** The task **
Copy all lines in the material holding the string "left".

** Dataset entries **
[Start of Attachment]
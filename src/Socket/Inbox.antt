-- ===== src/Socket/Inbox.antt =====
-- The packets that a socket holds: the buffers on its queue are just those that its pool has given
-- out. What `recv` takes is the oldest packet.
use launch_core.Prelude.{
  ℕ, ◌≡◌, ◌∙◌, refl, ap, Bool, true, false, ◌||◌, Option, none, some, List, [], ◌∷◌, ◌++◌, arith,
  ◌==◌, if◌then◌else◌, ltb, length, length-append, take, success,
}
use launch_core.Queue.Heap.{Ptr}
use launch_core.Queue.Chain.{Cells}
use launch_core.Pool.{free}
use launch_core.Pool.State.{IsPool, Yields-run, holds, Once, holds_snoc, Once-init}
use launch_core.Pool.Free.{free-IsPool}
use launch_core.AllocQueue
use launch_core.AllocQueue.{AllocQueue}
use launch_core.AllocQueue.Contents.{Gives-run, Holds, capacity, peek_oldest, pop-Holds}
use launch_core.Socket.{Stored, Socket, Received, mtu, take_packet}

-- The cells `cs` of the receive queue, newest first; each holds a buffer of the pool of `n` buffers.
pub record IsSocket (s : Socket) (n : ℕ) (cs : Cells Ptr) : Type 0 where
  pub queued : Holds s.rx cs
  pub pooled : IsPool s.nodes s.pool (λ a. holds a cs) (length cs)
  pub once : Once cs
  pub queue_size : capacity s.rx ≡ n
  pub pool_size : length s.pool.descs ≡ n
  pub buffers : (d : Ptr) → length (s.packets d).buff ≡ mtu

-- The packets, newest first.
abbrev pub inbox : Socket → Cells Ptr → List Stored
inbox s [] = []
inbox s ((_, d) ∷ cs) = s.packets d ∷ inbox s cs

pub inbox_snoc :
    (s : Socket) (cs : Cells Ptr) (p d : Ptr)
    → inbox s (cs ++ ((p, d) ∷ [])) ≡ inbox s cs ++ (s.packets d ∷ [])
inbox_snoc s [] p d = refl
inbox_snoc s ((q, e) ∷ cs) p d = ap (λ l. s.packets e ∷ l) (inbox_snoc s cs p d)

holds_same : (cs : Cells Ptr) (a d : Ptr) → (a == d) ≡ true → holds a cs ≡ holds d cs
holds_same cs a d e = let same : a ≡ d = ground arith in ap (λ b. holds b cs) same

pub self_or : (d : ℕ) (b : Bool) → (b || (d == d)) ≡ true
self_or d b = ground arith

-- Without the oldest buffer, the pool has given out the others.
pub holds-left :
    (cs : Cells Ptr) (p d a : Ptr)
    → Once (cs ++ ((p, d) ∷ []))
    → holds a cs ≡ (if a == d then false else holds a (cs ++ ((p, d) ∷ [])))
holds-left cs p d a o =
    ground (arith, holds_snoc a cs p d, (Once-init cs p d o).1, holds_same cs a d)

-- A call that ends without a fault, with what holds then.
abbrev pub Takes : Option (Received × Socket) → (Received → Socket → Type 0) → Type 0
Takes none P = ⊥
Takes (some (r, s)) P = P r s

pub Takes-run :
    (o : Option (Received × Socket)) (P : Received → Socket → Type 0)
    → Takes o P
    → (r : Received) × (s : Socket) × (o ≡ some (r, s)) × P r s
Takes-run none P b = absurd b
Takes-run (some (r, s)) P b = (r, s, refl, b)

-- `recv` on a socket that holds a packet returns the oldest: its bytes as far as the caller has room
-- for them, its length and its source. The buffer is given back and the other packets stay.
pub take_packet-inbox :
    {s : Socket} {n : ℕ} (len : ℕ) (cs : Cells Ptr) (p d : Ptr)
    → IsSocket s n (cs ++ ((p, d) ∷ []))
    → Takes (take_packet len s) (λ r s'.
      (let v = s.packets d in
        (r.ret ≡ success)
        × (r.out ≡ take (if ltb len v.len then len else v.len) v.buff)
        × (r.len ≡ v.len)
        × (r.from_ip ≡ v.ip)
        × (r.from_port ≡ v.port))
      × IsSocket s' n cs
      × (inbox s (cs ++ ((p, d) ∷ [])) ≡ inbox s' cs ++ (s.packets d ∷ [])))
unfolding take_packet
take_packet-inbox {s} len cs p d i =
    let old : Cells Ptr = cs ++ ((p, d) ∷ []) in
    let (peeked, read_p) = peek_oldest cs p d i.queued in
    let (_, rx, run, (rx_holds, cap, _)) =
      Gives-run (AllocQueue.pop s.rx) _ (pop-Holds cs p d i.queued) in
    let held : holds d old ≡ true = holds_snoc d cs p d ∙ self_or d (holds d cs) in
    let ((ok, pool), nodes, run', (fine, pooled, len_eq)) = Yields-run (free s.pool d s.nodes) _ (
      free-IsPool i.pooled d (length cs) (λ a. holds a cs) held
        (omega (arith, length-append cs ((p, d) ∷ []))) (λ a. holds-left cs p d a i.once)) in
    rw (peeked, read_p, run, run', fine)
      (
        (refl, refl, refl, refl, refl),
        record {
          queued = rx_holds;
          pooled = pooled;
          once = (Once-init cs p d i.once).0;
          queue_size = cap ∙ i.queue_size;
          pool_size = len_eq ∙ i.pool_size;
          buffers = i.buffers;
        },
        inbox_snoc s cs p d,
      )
[End of Attachment]
** Written response **
pub holds-left :
holds-left cs p d a o =
        (omega (arith, length-append cs ((p, d) ∷ []))) (λ a. holds-left cs p d a i.once)) in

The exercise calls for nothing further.